#### Data for the task

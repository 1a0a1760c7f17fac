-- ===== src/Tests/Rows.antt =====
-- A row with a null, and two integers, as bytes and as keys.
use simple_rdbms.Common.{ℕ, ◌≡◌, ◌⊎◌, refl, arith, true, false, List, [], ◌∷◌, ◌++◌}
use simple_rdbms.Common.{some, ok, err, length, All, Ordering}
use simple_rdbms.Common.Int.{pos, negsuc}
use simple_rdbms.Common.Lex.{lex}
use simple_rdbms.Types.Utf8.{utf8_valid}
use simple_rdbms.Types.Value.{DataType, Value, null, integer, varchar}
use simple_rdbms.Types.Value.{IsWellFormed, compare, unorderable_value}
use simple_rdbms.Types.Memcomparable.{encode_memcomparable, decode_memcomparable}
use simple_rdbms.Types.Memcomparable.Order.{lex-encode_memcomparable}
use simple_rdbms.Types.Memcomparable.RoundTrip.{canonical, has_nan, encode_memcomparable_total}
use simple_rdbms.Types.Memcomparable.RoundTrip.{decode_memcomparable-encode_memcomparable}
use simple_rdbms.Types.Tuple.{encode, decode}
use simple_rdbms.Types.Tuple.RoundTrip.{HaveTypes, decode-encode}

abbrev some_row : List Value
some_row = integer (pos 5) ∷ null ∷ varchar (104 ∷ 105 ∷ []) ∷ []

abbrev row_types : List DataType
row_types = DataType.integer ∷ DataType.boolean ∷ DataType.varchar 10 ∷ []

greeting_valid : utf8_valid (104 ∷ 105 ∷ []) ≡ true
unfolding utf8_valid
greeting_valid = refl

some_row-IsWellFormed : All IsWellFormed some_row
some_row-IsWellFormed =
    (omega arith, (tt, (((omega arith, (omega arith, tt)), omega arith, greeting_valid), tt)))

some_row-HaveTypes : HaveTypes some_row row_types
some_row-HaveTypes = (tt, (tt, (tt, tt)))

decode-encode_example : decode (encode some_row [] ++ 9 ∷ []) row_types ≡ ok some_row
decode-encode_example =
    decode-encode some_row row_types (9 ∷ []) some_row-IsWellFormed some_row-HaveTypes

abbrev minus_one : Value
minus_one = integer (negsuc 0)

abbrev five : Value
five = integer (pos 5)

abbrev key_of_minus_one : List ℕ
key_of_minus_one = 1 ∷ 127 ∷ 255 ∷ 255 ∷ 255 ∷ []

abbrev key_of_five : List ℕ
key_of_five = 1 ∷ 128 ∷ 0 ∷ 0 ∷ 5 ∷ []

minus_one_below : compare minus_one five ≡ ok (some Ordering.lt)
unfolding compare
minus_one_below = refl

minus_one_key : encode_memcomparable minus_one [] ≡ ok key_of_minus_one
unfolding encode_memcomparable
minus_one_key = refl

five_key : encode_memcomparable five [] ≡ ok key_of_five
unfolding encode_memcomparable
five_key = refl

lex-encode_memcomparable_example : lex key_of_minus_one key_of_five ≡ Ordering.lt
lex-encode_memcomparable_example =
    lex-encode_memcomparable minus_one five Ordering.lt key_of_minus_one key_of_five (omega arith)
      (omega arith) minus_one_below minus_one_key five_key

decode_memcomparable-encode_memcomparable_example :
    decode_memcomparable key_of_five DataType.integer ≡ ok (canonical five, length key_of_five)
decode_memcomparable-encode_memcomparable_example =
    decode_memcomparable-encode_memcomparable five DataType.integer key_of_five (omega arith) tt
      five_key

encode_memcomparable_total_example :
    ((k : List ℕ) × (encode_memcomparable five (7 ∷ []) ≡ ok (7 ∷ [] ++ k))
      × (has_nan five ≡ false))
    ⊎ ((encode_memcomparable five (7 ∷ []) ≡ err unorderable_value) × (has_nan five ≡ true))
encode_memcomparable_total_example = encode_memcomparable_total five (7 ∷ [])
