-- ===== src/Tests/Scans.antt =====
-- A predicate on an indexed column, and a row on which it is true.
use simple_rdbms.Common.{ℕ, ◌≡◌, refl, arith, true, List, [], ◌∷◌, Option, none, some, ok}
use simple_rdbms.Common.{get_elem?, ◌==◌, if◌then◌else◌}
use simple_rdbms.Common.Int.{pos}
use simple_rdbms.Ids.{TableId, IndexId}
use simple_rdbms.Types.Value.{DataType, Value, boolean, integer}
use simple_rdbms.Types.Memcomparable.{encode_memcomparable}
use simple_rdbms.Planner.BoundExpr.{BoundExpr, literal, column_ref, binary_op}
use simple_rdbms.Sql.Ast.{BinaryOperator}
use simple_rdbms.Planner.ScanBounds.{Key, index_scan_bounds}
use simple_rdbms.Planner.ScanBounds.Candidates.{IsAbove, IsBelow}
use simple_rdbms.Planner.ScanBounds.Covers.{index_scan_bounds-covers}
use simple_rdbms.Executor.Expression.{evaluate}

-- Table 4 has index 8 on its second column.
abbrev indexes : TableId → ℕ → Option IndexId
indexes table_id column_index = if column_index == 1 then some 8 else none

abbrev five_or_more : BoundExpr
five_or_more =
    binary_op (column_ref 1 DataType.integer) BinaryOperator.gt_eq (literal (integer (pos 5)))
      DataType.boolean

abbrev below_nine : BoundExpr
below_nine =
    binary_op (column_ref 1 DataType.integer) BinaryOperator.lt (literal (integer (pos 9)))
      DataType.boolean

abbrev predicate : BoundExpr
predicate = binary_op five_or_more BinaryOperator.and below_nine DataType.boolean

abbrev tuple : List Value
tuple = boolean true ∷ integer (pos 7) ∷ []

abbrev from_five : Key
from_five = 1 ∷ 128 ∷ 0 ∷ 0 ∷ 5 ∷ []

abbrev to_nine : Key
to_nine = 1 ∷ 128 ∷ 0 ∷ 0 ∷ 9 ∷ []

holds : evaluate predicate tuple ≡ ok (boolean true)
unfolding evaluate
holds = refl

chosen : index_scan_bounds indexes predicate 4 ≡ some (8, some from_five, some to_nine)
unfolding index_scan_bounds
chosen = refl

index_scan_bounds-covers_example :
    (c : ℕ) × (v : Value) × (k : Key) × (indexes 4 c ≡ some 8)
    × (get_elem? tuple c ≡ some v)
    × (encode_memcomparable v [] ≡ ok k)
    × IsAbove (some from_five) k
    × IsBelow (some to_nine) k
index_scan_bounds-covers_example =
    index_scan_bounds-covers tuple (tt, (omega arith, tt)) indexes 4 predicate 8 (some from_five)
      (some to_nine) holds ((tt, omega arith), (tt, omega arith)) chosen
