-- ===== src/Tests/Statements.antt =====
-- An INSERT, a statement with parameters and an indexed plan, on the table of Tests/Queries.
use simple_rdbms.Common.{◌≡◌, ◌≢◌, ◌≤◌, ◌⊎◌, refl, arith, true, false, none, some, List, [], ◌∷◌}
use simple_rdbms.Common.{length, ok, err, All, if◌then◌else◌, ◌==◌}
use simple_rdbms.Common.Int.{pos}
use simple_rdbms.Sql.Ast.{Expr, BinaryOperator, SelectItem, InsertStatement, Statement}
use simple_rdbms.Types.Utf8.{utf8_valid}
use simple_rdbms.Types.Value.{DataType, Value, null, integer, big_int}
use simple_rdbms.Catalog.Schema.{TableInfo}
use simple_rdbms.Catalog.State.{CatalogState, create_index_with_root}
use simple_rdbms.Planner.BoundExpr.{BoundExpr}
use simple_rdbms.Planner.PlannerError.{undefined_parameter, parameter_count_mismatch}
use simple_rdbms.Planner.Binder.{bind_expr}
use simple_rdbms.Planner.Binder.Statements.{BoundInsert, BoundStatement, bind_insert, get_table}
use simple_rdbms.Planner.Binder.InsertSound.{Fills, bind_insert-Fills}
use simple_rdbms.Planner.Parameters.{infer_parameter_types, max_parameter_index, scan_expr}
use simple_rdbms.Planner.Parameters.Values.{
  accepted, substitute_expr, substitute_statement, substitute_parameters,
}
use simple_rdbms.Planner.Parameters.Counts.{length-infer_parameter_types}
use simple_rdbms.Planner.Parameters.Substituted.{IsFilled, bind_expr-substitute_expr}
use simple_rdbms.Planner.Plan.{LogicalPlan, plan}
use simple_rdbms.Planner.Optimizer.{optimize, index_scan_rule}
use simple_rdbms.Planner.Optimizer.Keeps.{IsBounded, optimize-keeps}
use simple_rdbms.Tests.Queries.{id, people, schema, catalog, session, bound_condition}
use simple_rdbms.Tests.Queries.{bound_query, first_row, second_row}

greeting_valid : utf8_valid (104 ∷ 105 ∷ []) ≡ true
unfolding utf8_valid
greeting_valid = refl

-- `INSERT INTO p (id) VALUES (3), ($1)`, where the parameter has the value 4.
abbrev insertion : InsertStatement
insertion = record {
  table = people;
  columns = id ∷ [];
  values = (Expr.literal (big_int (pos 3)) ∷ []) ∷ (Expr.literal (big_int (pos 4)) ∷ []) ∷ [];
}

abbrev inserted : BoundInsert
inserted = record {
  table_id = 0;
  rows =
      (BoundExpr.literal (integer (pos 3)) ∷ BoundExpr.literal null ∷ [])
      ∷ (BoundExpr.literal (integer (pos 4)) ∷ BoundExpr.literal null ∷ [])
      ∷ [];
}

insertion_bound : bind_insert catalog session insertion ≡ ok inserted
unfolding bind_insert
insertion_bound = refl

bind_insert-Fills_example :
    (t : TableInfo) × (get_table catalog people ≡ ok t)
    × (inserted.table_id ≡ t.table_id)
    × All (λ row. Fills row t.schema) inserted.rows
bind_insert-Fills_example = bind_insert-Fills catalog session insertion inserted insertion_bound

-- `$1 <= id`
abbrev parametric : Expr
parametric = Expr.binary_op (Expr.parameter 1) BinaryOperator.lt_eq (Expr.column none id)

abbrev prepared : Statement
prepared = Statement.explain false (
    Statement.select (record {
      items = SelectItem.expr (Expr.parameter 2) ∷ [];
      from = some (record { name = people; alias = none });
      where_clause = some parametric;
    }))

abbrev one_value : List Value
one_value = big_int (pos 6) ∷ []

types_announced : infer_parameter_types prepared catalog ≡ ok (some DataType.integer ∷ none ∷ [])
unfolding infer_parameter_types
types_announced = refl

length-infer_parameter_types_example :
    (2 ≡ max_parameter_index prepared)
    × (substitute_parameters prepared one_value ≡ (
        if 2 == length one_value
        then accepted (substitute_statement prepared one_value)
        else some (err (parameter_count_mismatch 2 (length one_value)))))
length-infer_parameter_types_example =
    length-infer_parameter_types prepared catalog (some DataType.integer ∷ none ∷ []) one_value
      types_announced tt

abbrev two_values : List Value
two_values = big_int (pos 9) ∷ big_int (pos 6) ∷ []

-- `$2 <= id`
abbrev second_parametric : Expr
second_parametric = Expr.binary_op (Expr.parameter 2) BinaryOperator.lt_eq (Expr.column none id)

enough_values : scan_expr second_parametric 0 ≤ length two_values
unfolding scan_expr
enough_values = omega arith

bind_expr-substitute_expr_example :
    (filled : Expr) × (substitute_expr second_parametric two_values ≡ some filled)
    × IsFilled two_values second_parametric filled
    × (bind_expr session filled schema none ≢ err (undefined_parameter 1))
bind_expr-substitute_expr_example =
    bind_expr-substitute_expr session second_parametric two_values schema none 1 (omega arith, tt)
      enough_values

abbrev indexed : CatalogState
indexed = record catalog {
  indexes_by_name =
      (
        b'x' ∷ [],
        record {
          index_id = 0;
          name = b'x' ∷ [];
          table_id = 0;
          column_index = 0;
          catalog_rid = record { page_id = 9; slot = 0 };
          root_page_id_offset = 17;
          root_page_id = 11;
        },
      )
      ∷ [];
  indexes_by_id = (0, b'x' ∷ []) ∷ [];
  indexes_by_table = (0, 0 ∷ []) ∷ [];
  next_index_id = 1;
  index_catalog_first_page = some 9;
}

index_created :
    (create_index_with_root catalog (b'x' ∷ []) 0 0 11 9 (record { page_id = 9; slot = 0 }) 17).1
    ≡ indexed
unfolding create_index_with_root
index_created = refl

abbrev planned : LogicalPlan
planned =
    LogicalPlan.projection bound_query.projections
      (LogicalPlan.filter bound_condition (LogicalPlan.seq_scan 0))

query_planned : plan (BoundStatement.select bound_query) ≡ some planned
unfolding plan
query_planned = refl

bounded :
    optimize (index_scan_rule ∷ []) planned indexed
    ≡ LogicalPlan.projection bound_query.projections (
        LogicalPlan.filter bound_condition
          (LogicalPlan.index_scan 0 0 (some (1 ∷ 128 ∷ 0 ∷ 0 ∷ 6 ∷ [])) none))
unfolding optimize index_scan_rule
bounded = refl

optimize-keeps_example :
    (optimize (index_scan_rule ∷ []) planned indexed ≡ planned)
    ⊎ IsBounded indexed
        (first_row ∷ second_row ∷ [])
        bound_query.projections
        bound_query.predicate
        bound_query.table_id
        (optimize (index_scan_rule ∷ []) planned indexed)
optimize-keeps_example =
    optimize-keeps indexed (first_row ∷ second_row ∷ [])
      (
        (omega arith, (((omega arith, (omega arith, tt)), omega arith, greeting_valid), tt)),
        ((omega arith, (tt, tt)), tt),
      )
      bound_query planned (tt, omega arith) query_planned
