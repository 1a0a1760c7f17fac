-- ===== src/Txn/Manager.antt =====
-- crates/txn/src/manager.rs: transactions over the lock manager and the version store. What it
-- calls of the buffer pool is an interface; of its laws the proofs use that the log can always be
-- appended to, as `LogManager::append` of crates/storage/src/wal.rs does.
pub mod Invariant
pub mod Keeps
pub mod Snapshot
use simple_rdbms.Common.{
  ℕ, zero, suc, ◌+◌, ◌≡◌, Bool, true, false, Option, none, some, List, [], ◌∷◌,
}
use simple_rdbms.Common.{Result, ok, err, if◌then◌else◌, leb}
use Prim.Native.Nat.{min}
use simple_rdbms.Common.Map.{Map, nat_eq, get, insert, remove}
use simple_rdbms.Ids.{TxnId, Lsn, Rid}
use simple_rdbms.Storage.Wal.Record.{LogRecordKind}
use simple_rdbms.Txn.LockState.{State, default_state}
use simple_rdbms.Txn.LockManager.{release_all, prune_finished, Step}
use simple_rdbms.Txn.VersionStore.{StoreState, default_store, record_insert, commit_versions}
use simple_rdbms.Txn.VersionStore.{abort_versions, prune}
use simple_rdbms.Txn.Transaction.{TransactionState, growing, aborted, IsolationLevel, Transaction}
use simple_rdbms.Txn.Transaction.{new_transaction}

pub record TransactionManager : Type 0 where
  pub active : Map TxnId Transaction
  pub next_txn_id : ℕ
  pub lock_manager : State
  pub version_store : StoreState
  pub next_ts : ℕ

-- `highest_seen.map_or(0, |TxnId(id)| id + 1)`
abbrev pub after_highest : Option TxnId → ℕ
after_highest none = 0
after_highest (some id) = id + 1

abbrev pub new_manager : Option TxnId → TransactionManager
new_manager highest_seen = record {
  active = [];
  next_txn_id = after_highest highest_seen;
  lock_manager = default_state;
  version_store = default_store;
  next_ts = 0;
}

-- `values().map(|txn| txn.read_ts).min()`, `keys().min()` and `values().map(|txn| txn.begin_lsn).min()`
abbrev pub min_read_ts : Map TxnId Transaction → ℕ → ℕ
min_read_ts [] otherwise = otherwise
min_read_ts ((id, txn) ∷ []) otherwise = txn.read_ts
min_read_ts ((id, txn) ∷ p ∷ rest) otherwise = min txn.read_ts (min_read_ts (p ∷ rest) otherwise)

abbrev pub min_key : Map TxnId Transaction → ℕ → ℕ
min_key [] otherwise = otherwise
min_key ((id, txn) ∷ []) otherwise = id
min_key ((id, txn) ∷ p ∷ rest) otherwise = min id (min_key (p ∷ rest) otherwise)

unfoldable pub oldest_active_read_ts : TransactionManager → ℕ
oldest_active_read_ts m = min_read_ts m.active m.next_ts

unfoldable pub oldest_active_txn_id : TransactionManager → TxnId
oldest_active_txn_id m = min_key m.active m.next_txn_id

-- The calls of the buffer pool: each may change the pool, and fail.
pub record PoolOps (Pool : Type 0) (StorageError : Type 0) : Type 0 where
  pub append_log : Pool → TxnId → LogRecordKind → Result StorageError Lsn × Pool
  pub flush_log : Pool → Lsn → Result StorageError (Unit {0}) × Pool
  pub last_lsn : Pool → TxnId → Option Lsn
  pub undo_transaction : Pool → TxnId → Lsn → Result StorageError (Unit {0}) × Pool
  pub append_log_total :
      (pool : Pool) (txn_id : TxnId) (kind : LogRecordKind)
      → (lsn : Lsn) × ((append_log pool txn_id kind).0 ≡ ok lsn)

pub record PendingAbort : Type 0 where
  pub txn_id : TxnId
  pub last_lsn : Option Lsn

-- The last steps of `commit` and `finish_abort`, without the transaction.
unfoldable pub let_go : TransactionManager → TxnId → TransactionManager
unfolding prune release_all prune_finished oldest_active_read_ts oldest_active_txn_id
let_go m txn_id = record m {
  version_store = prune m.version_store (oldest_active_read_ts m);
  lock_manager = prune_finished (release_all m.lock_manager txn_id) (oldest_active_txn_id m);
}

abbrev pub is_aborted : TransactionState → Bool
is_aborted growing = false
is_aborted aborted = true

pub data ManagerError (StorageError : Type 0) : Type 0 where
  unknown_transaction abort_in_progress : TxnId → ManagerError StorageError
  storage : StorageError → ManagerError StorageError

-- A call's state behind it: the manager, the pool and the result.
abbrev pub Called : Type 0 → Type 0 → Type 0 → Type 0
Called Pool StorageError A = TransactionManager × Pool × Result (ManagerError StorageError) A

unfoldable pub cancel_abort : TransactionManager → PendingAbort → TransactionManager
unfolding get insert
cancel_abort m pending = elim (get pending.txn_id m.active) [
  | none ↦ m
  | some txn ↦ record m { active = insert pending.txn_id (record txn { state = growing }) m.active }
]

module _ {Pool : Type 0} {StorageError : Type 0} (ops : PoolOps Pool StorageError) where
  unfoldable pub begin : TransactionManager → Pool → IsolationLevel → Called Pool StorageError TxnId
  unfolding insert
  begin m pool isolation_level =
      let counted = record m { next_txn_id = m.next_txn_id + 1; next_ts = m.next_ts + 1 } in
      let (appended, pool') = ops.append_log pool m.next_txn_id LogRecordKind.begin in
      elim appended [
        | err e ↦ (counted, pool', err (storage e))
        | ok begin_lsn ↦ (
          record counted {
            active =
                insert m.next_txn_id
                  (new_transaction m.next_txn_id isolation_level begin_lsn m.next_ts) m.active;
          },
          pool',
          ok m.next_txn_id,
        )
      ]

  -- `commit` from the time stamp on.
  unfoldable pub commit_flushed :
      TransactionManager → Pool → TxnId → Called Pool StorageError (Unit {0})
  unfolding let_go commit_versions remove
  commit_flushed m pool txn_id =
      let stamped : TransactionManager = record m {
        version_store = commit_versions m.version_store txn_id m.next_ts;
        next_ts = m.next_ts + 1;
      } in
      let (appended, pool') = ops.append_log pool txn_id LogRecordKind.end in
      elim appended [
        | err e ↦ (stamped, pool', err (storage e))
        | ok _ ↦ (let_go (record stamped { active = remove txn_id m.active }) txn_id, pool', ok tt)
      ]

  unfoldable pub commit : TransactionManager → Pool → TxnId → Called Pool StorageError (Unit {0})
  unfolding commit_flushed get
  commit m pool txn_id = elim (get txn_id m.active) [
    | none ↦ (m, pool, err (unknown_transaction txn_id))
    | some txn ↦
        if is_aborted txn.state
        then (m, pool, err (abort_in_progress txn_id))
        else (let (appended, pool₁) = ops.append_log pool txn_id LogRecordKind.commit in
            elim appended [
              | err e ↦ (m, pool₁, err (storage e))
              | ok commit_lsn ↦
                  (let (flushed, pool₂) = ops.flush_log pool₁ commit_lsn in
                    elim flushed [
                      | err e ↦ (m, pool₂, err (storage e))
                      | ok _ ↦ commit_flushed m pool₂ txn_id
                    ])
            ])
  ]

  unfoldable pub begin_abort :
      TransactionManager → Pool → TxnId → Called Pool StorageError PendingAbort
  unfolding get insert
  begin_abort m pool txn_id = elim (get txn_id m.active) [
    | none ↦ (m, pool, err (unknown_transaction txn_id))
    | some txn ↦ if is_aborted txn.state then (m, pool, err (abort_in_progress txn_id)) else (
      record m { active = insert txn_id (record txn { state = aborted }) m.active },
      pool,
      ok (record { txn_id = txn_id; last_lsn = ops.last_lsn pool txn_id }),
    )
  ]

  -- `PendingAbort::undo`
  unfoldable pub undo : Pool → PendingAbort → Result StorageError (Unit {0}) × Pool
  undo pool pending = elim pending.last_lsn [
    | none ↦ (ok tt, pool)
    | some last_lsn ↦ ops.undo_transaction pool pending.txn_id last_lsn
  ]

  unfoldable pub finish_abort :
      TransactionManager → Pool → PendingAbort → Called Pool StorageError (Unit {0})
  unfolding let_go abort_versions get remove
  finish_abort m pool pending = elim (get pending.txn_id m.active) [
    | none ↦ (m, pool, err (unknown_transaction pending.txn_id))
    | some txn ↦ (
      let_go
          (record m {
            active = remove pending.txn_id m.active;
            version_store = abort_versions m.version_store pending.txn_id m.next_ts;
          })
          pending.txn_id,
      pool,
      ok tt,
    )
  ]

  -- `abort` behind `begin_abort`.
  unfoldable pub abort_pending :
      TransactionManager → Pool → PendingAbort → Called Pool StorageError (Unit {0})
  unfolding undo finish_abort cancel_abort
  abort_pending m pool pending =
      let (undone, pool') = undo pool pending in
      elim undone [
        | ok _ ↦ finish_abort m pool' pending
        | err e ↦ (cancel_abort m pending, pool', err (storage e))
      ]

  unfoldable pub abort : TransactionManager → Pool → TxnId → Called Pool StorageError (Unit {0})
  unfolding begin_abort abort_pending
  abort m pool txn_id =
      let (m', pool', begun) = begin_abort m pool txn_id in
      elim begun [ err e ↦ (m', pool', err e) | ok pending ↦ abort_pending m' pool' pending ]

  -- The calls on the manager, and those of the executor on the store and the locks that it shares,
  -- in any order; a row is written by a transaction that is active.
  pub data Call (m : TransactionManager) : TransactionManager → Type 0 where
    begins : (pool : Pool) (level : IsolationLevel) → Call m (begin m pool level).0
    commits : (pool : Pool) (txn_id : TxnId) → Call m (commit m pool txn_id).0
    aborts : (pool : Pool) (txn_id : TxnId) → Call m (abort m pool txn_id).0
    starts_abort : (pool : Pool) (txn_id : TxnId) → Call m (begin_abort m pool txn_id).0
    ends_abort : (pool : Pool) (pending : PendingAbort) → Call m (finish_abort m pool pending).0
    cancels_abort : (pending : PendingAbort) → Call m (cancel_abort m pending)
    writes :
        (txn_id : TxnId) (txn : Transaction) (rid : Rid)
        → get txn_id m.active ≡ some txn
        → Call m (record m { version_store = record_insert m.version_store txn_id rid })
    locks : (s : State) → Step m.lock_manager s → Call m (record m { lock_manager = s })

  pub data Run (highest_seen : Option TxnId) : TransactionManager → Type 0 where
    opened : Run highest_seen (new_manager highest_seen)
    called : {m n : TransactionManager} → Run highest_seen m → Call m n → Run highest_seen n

########

Brief -
Only lines containing "SelectItem" belong in the answer; copy every such line from the records.

Exercise response -
use simple_rdbms.Sql.Ast.{Expr, BinaryOperator, SelectItem, InsertStatement, Statement}
      items = SelectItem.expr (Expr.parameter 2) ∷ [];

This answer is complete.